Purchase both the Manual and the Tool for complete implementation of SAPR(TM)-PBIS
About the Author:
Bridget Walker, Ph.D., is Assistant Professor in the Master in Teaching Program at Seattle University. She has been involved in the field of education for more than 20 years as a special education teacher and behavior specialist as well as a consultant and trainer. Dr. Walker completed her doctorate at the University of Washington (UW) in 2006. While at the UW, she coordinated the BEACONS (Behavior, Emotional, and Academic Curriculum On the Needs of Students) project and the Check, Connect, and Expect project as part of the UW Behavior Research Center. Dr. Walker has helped more than 30 schools throughout the state of Washington develop schoolwide positive behavior intervention and support programs. In addition, she has consulted with numerous schools and districts, helping them assess and improve their programs and supports at the intensive level for students with, or at risk of developing, emotional and behavioral disabilities.

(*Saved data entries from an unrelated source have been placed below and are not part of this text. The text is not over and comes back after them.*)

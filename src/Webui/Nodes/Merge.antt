-- ===== src/Webui/Nodes/Merge.antt =====
-- internal/webui/nodes.go: what the table keeps of the news of a node.
use go_meshtastic_serial2tcp.Prelude.{
  ℕ, ◌≡◌, ◌≢◌, refl, ap, ◌∙◌, ◌||◌, Option, none, some, List, [], ◌∷◌, if◌then◌else◌, ◌==◌,
  Bool-cases, inl, inr,
}
use go_meshtastic_serial2tcp.Prelude.Keys.{Text, nat_key}
use go_meshtastic_serial2tcp.Meshtastic.{User, Position, NodeInfo}
use go_meshtastic_serial2tcp.Meshtastic.Printer.{Printer}
use go_meshtastic_serial2tcp.Webui.Node.{NodeView}
use go_meshtastic_serial2tcp.Webui.Hub.{Hub}
use go_meshtastic_serial2tcp.Webui.Nodes.News.{
  News, info_news, packet_news, local_news, hear_all, put_node-part, set_local_node_num-part,
  update_node_from_info-part,
}
use go_meshtastic_serial2tcp.Webui.Nodes.{
  node_at, notify_nodes, set_local_node_num, merge_info, with_user, with_position, with_metrics,
  with_info, update_node_from_info, touch, touch_node_activity, broadcast_node, or_old,
}

abbrev pub Names : Type 0
Names = Text × Text × Text

abbrev pub names_of : NodeView → Names
names_of n = (n.user_id, n.long_name, n.short_name)

-- The names after a NodeInfo of the node: each new one that is not empty.
abbrev pub renamed : Option User → Names → Names
renamed none old = old
renamed (some u) old =
    (or_old u.id (old.0), or_old u.long_name (old.1), or_old u.short_name (old.2))

-- The last name of each kind that the news of node `k` have, else what was there before.
abbrev pub last_names : ℕ → Names → List News → Names
last_names k old [] = old
last_names k old (info_news time info ∷ news) =
    last_names k (if info.num == k then renamed info.user old else old) news
last_names k old (packet_news time num snr ∷ news) = last_names k old news
last_names k old (local_news time num ∷ news) = last_names k old news

merge_info-names :
    (q : Printer) (now local : ℕ) (info : NodeInfo) (n : NodeView)
    → names_of (merge_info q now local info n) ≡ renamed info.user (names_of n)
unfolding merge_info
merge_info-names q now local info n =
    metrics info.device_metrics (with_position info.position (with_user q info.user m))
    ∙ position info.position (with_user q info.user m)
    ∙ user info.user
  where
    m : NodeView
    m = with_info now local info n

    metrics : (o : Option (Option ℕ)) (n : NodeView) → names_of (with_metrics o n) ≡ names_of n
    metrics none n = refl
    metrics (some l) n = refl

    position : (o : Option Position) (n : NodeView) → names_of (with_position o n) ≡ names_of n
    position none n = refl
    position (some p) n = refl

    user : (o : Option User) → names_of (with_user q o m) ≡ renamed o (names_of n)
    user none = refl
    user (some u) = refl

touch_node_activity-names :
    (time : ℕ) (h : Hub) (num snr k : ℕ)
    → names_of (node_at (touch_node_activity time h num snr time) k) ≡ names_of (node_at h k)
unfolding touch_node_activity notify_nodes touch
touch_node_activity-names time h num snr k = elim (Bool-cases (num == 0 || num == broadcast_node)) [
  | inl e ↦ rw e refl
  | inr e ↦ rw e (put_node-part names_of h num k _ refl)
]

-- Whatever news reach the table, in whatever order: of every node other than number 0, it has for
-- the user id, the long name and the short name the last one that a NodeInfo of this node gave, or
-- what it had before if none gave any. A NodeInfo with an empty name, a packet, another node's news
-- and the radio's number take no name away.
pub hear_all-names :
    (q : Printer) (k : ℕ) (news : List News) (h : Hub)
    → k ≢ 0
    → names_of (node_at (hear_all q h news) k) ≡ last_names k (names_of (node_at h k)) news
hear_all-names q k [] h nz = refl
hear_all-names q k (info_news time info ∷ news) h nz =
    hear_all-names q k news (update_node_from_info q time h (some info)) nz
    ∙ ap (λ o. last_names k o news)
        (update_node_from_info-part names_of q time h info k (renamed info.user)
          (merge_info-names q time h.local_node_num info) nz)
hear_all-names q k (packet_news time num snr ∷ news) h nz =
    hear_all-names q k news (touch_node_activity time h num snr time) nz
    ∙ ap (λ o. last_names k o news) (touch_node_activity-names time h num snr k)
hear_all-names q k (local_news time num ∷ news) h nz =
    hear_all-names q k news (set_local_node_num time h num) nz
    ∙ ap (λ o. last_names k o news) (set_local_node_num-part names_of time h num k (λ n. refl))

Dr. Walker is the author of several articles on positive behavior interventions and supports and on supporting students with challenging behaviors in schools and treatment settings; she is also the author of two book chapters on effective programs for students with emotional and behavioral disabilities in the context of the philosophical framework of therapeutic Re-EDucation. She is Past President of the Washington Re-EDucation Association (WAREA), a nonprofit agency that she helped found in 1998, as well as Past President of the American Re-EDucation Association. She is also a Regional Coordinator and Master Trainer for the Life Space Crisis Intervention Institute in Maryland.
In 2011, she was awarded the PBIS Champion award by the Northwest Positive Behavior Interventions and Supports Network (NWPBIS) for her ongoing work in helping schools effectively implement PBIS to support the success of all students.
Douglas Cheney, Ph.D. is Professor of Special Education at the
University of Washington (UW), Seattle, where he directs the master's program to prepare teachers for educating students with emotional or behavioral disabilities. Dr. Cheney also codirected UW's doctoral training program in positive behavior interventions and supports
(PBIS); Washington's Behavior Research Center on effective behavioral interventions; the Check, Connect, and Expect project; and Washington's PBIS Network between 2001 and 2010. Dr. Cheney has been a consultant to numerous school districts and five state departments; he co-chaired Washington's Statewide Task Force on Behavioral Disorders from 1997 to 1999, which provided a blueprint for the state's PBIS model. He has extensive research experience,
having been awarded more than $10 million of funds from the U.S. Department of Education and from state departments of education and mental health in Oregon, New Hampshire, and Washington for more than 20 years.
Dr. Cheney has served as co-editor of The Journal of Emotional and Behavioral Disorders and associate editor for Intervention in School and Clinic. He was on the editorial boards of Behavior Disorders and Beyond Behavior. He was President of the Council for Children
with Behavior Disorders, a division of the Council for Exceptional Children (CEC), from 1998 to 1999 and Convention Chair for CEC's international conventions in Denver in 2012 and San Antonio in 2013. Dr. Cheney directed the Institute on Emotional Disabilities at Keene
State College, New Hampshire, from 1992 to 1997 and was a special education teacher and administrator from 1974 to 1989. In 2010, he was awarded a PBIS Lifetime Achievement Award by the Northwest Positive Behavior Interventions and Supports Network for his PBIS
work in schools both nationally and regionally.